Re: [patch 0/5] optionally sync per-CPU vmstats counter on return to userspace

From: Marcelo Tosatti
Date: Fri Jul 02 2021 - 11:36:08 EST



Hi Frederic,

On Fri, Jul 02, 2021 at 02:30:32PM +0200, Frederic Weisbecker wrote:
> On Thu, Jul 01, 2021 at 06:03:36PM -0300, Marcelo Tosatti wrote:
> > The logic to disable vmstat worker thread, when entering
> > nohz full, does not cover all scenarios.
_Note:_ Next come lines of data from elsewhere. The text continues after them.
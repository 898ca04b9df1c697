-- ===== src/Workflow/Alive.antt =====
-- agent_control/workflow/scheduler.py: the scan of `ready_nodes` while nothing has failed. As long as a
-- node of a graph without cycles is open, it finds one that is ready.
use freaky_monkey.Base.{
  ℕ, zero, suc, ◌<◌, ◌≤◌, String, Bool, true, false, some, List, [], ◌∷◌, ◌++◌, ◌≡◌, refl, ◌∙◌,
  subst, arith, map, any, all, not, ◌&&◌, ◌||◌, All, All-append, tally, str_eq, eq_iff, inl, inr,
  Bool-cases, Option-cases, if◌then◌else◌,
}
use freaky_monkey.Base.Dict.{contains}
use freaky_monkey.Json.{Params}
use freaky_monkey.Workflow.Status.{StepStatus, is_completed}
use freaky_monkey.Workflow.Model.{WorkflowStep, Workflow, find_step}
use freaky_monkey.Workflow.Ready.{
  ok, schedulable, is_dead, completed_ids, policy_ok, data_ok, deps_done, any_dead, made_ready,
  visit, scan, ready_nodes,
}
use freaky_monkey.Workflow.Graph.{ids_of}
use freaky_monkey.Workflow.Checked.{known_ids, ids_same}
use freaky_monkey.Workflow.Ranking.{Ranks, EveryDepKnown}

-- A node that is COMPLETED or may be scheduled, and that no policy holds back.
abbrev pub IsAlive : WorkflowStep → Type 0
IsAlive s =
    ((is_completed s.status || schedulable s.status) ≡ true) × (policy_ok s.policy_state ≡ true)

-- What the scan does to such a node.
abbrev pub visited : List String → WorkflowStep → WorkflowStep × Bool
visited completed s =
    if schedulable s.status && deps_done completed s then (made_ready s, true) else (s, false)

find_step-IsAlive :
    (d : String) (steps : List WorkflowStep) (p : WorkflowStep)
    → find_step d steps ≡ some p
    → All IsAlive steps
    → is_dead p.status ≡ false
unfolding find_step
find_step-IsAlive d [] p e h = cc
find_step-IsAlive d (s ∷ steps) p e (here, h) = elim (Bool-cases (str_eq s.step_id d)) [
  | inl same ↦ ground (arith, same, e, not_dead s.status here.0)
  | inr other ↦ find_step-IsAlive d steps p (ground (arith, other, e)) h
]
  where
    not_dead :
        (status : StepStatus)
        → (is_completed status || schedulable status) ≡ true
        → is_dead status ≡ false
    not_dead status h = ground arith

any_dead-IsAlive :
    (steps : List WorkflowStep) (ds : List String)
    → All IsAlive steps
    → All (λ d. contains (ids_of steps) d ≡ true) ds
    → any_dead steps ds ≡ ok false
unfolding any_dead
any_dead-IsAlive steps [] alive h = refl
any_dead-IsAlive steps (d ∷ ds) alive h = elim (Option-cases (find_step d steps)) [
  | inl missing ↦ absurd (ground (arith, known_ids d steps, h.0))
  | inr (p, e) ↦
      ground (arith, e, find_step-IsAlive d steps p e alive, any_dead-IsAlive steps ds alive h.1)
]

visit-IsAlive :
    (context : Params) (completed : List String) (steps : List WorkflowStep) (s : WorkflowStep)
    → IsAlive s
    → data_ok context s ≡ true
    → any_dead steps s.dependencies ≡ ok false
    → visit context completed steps s ≡ ok (visited completed s)
unfolding visit
visit-IsAlive context completed steps s alive inputs none_dead = ground arith

visited-IsAlive :
    (completed : List String) (s : WorkflowStep) → IsAlive s → IsAlive (visited completed s).0
visited-IsAlive completed s h = elim (Bool-cases (schedulable s.status && deps_done completed s)) [
  | inl picked ↦ rw picked (refl, h.1)
  | inr left ↦ rw left h
]

visited_id :
    (completed : List String) (s : WorkflowStep) → (visited completed s).0.step_id ≡ s.step_id
visited_id completed s = ground arith

scan-IsAlive :
    (context : Params) (completed : List String) (before ss : List WorkflowStep)
    → All IsAlive before
    → All IsAlive ss
    → All (λ s. data_ok context s ≡ true) ss
    → All (λ s. All (λ d. contains (ids_of (before ++ ss)) d ≡ true) s.dependencies) ss
    → scan context completed before ss ≡ ok (map (visited completed) ss)
unfolding scan
scan-IsAlive context completed before [] alive h inputs known = refl
scan-IsAlive context completed before (s ∷ ss) alive h inputs known =
    let t = (visited completed s).0 in
    let visits = visit-IsAlive context completed (before ++ (s ∷ ss)) s h.0 inputs.0 (
      any_dead-IsAlive (before ++ (s ∷ ss)) s.dependencies
        (All-append IsAlive before (s ∷ ss) alive h) known.0) in
    let rest =
      scan-IsAlive context completed (before ++ (t ∷ [])) ss
        (All-append IsAlive before (t ∷ []) alive (visited-IsAlive completed s h.0, tt)) h.1
        inputs.1
        (subst (λ ids. All (λ u. All (λ d. contains ids d ≡ true) u.dependencies) ss)
          (ids_same before ss s t (visited_id completed s)) known.1) in
    rw (visits, rest) refl

pub ready_nodes-IsAlive :
    (w : Workflow)
    → All IsAlive w.steps
    → All (λ s. data_ok w.context s ≡ true) w.steps
    → EveryDepKnown w.steps w.steps
    → ready_nodes w ≡ ok (map (visited (completed_ids w.steps)) w.steps)
unfolding ready_nodes
ready_nodes-IsAlive w alive inputs known =
    scan-IsAlive w.context (completed_ids w.steps) [] w.steps tt alive inputs known

-- The nodes that are not COMPLETED.
abbrev pub open_count : List WorkflowStep → ℕ
open_count = tally (λ s. not (is_completed s.status))

abbrev pub picks : List String → WorkflowStep → Bool
picks completed s = schedulable s.status && deps_done completed s

any-visited :
    (completed : List String) (ss : List WorkflowStep)
    → any (λ m. m.1) (map (visited completed) ss) ≡ any (picks completed) ss
any-visited completed [] = refl
any-visited completed (s ∷ ss) = ground (arith, any-visited completed ss)

done_each :
    (completed ds : List String)
    → All (λ d. contains completed d ≡ true) ds
    → all (contains completed) ds ≡ true
done_each completed [] h = refl
done_each completed (d ∷ ds) h = ground (arith, done_each completed ds h.1)

-- No node is picked: then a node whose dependencies are done is COMPLETED.
unpicked :
    (completed : List String) (s : WorkflowStep)
    → IsAlive s
    → picks completed s ≡ false
    → All (λ d. contains completed d ≡ true) s.dependencies
    → is_completed s.status ≡ true
unfolding deps_done
unpicked completed s alive h done = ground (arith, done_each completed s.dependencies done)

module _ (steps : List WorkflowStep) (rank : String → ℕ) (ranks : Ranks rank steps)
    (known : EveryDepKnown steps steps) (alive : All IsAlive steps)
    (idle : any (picks (completed_ids steps)) steps ≡ false) where
  both_done :
      (ds : List String) (top : ℕ)
      → ((d : String)
          → rank d < top
          → contains (ids_of steps) d ≡ true
          → contains (completed_ids steps) d ≡ true)
      → All (λ d. rank d < top) ds
      → All (λ d. contains (ids_of steps) d ≡ true) ds
      → All (λ d. contains (completed_ids steps) d ≡ true) ds
  both_done [] top below_done lt h = tt
  both_done (d ∷ ds) top below_done lt h =
      (below_done d lt.0 h.0, both_done ds top below_done lt.1 h.1)

  completed-among :
      (ss : List WorkflowStep) (c : String)
      → ((d : String)
          → rank d < rank c
          → contains (ids_of steps) d ≡ true
          → contains (completed_ids steps) d ≡ true)
      → Ranks rank ss
      → EveryDepKnown steps ss
      → All IsAlive ss
      → any (picks (completed_ids steps)) ss ≡ false
      → contains (ids_of ss) c ≡ true
      → contains (completed_ids ss) c ≡ true
  unfolding completed_ids
  completed-among [] c below_done lt deps living none_picked there = cc
  completed-among (s ∷ ss) c below_done lt deps living none_picked there =
      elim (Bool-cases (str_eq s.step_id c)) [
        | inl same ↦
            let below =
              subst (λ k. All (λ d. rank d < rank k) s.dependencies) ((eq_iff s.step_id c).0 same)
                lt.0 in
            let done =
              unpicked (completed_ids steps) s living.0 (ground arith)
                (both_done s.dependencies (rank c) below_done below deps.0) in
            ground (arith, same, done)
        | inr other ↦ ground (
          arith,
          other,
          completed-among ss c below_done lt.1 deps.1 living.1 (ground arith)
              (ground (arith, other, there)),
        )
      ]

  completed_below :
      (bound : ℕ) (c : String)
      → rank c < bound
      → contains (ids_of steps) c ≡ true
      → contains (completed_ids steps) c ≡ true
  completed_below zero c lt here = absurd (omega arith)
  completed_below (suc bound) c lt here =
      completed-among steps c (λ d less there. completed_below bound d (omega arith) there) ranks
        known alive idle here

  none_open :
      (ss : List WorkflowStep)
      → Ranks rank ss
      → EveryDepKnown steps ss
      → All IsAlive ss
      → any (picks (completed_ids steps)) ss ≡ false
      → open_count ss ≡ 0
  none_open [] lt deps living none_picked = refl
  none_open (s ∷ ss) lt deps living none_picked =
      let done = unpicked (completed_ids steps) s living.0 (ground arith) (
        both_done s.dependencies (rank s.step_id)
          (λ d less there. completed_below (rank s.step_id) d less there) lt.0 deps.0) in
      ground (arith, done, none_open ss lt.1 deps.1 living.1)

-- As long as a node is open, the scan picks one.
pub some_picked :
    (steps : List WorkflowStep) (rank : String → ℕ)
    → Ranks rank steps
    → EveryDepKnown steps steps
    → All IsAlive steps
    → 1 ≤ open_count steps
    → any (λ m. m.1) (map (visited (completed_ids steps)) steps) ≡ true
some_picked steps rank ranks known alive h =
    elim (Bool-cases (any (picks (completed_ids steps)) steps)) [
      | inl found ↦ any-visited (completed_ids steps) steps ∙ found
      | inr idle ↦
          absurd (
            omega (arith, none_open steps rank ranks known alive idle steps ranks known alive idle))
    ]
For example, it is possible
> > for the following to happen:
> >
> > 1) enter nohz_full, which calls refresh_cpu_vm_stats, syncing the stats.
> > 2) app runs mlock, which increases counters for mlock'ed pages.
> > 3) start -RT loop
> >
> > Since refresh_cpu_vm_stats from nohz_full logic can happen _before_
> > the mlock, vmstat shepherd can restart vmstat worker thread on
> > the CPU in question.
> >
> > To fix this, optionally sync the vmstat counters when returning
> > from userspace, controllable by a new "vmstat_sync" isolcpus
> > flags (default off).
>
> Wasn't the plan for such finegrained isolation features to do it at
> the per task level using prctl()?

Yes, but its orthogonal: when we integrate the finegrained isolation
interface, will be able to use this code (to sync vmstat counters
on return to userspace) only when userspace informs that it has entered
isolated mode, so you don't incur the performance penalty of frequent
vmstat counter writes when not using isolated apps.

This is what the full task isolation task patchset mode is doing
as well (CC'ing Alex BTW).

This will require modifying applications (and the new kernel with the
exposed interface).

But there is demand for fixing this now, for currently existing
binary only applications.